Dataset items:

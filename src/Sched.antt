-- ===== src/Sched.antt =====
-- internal/sched/semaphore.go: the concurrency gate. The weighted semaphore of
-- golang.org/x/sync is a parameter with its documented behaviour; whether a blocked Acquire gets
-- a slot before its context ends is an input.
pub mod Laws
pub mod Tests
use isobox.Prelude.{
  Bool, List, Option, [], false, if◌then◌else◌, ltb, none, some, true, ℕ, ◌+◌, ◌-◌, ◌<◌, ◌∷◌, ◌≡◌,
  ◌≢◌,
}

-- `semaphore.Weighted`, as far as the limiter uses it (all weights are 1). `acquire s freed`
-- tries to take a slot at once, or waits: `freed` tells whether a slot came free before the
-- context ended. It is none where Acquire returns an error. `release` is none where Release
-- panics.
pub record Weighted : Type 1 where
  pub Sem : Type 0
  pub new_weighted : ℕ → Sem
  pub acquire_one : Sem → Bool → Option Sem
  pub release_one : Sem → Option Sem
  pub size : Sem → ℕ
  pub holders : Sem → ℕ
  pub new_size : (n : ℕ) → size (new_weighted n) ≡ n
  pub new_holders : (n : ℕ) → holders (new_weighted n) ≡ 0
  pub acquire_takes :
      (s t : Sem) (freed : Bool)
      → acquire_one s freed ≡ some t
      → (holders t ≡ holders s + 1) × (holders s < size s) × (size t ≡ size s)
  pub acquire_free : (s : Sem) (freed : Bool) → holders s < size s → acquire_one s freed ≢ none
  pub release_gives :
      (s : Sem)
      → 0 < holders s
      → (t : Sem) × (release_one s ≡ some t) × (holders t + 1 ≡ holders s) × (size t ≡ size s)
  pub release_panics : (s : Sem) → holders s ≡ 0 → release_one s ≡ none

-- A call of the limiter: an acquire, with what its wait brings, or a release.
pub data Op : Type 0 where
  acquires : Bool → Op
  releases : Op

module _ (w : Weighted) where
  open w use {Sem, new_weighted, acquire_one, release_one}

  -- `Limiter`
  pub record Limiter : Type 0 where
    pub sem : Sem
    pub max : ℕ
    pub in_use : ℕ

  -- `New`; a ceiling below 1 (a number that is not positive) becomes 1.
  pub new : ℕ → Limiter
  new max =
      let ceiling : ℕ = if ltb max 1 then 1 else max in
      record { sem = new_weighted ceiling; max = ceiling; in_use = 0 }

  -- `Acquire`: the limiter after the call and the result.
  pub acquire : Limiter → Bool → Limiter × Bool
  acquire l freed = elim (acquire_one l.sem freed) [
    | some s ↦ (record l { sem = s; in_use = l.in_use + 1 }, true)
    | none ↦ (l, false)
  ]

  -- `Release`; none where the semaphore panics. The counter is an int64 that only a release
  -- after an acquire brings down.
  pub release : Limiter → Option Limiter
  release l = elim (release_one l.sem) [
    | some s ↦ some (record l { sem = s; in_use = l.in_use - 1 })
    | none ↦ none
  ]

  -- A history of calls; none where one panics.
  pub run : Limiter → List Op → Option Limiter
  run l [] = some l
  run l (acquires freed ∷ ops) = run (acquire l freed).0 ops
  run l (releases ∷ ops) = elim (release l) [ none ↦ none | some t ↦ run t ops ]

§ PROBLEM DESCRIPTION
Set out, exactly as written, the lines from the line with "pub new : ℕ → Limiter" to the last line of the records, inclusive, and only those lines.

§ TASK SOLUTION
  pub new : ℕ → Limiter
  new max =
      let ceiling : ℕ = if ltb max 1 then 1 else max in
      record { sem = new_weighted ceiling; max = ceiling; in_use = 0 }

  -- `Acquire`: the limiter after the call and the result.
  pub acquire : Limiter → Bool → Limiter × Bool
  acquire l freed = elim (acquire_one l.sem freed) [
    | some s ↦ (record l { sem = s; in_use = l.in_use + 1 }, true)
    | none ↦ (l, false)
  ]

  -- `Release`; none where the semaphore panics. The counter is an int64 that only a release
  -- after an acquire brings down.
  pub release : Limiter → Option Limiter
  release l = elim (release_one l.sem) [
    | some s ↦ some (record l { sem = s; in_use = l.in_use - 1 })
    | none ↦ none
  ]

  -- A history of calls; none where one panics.
  pub run : Limiter → List Op → Option Limiter
  run l [] = some l
  run l (acquires freed ∷ ops) = run (acquire l freed).0 ops
  run l (releases ∷ ops) = elim (release l) [ none ↦ none | some t ↦ run t ops ]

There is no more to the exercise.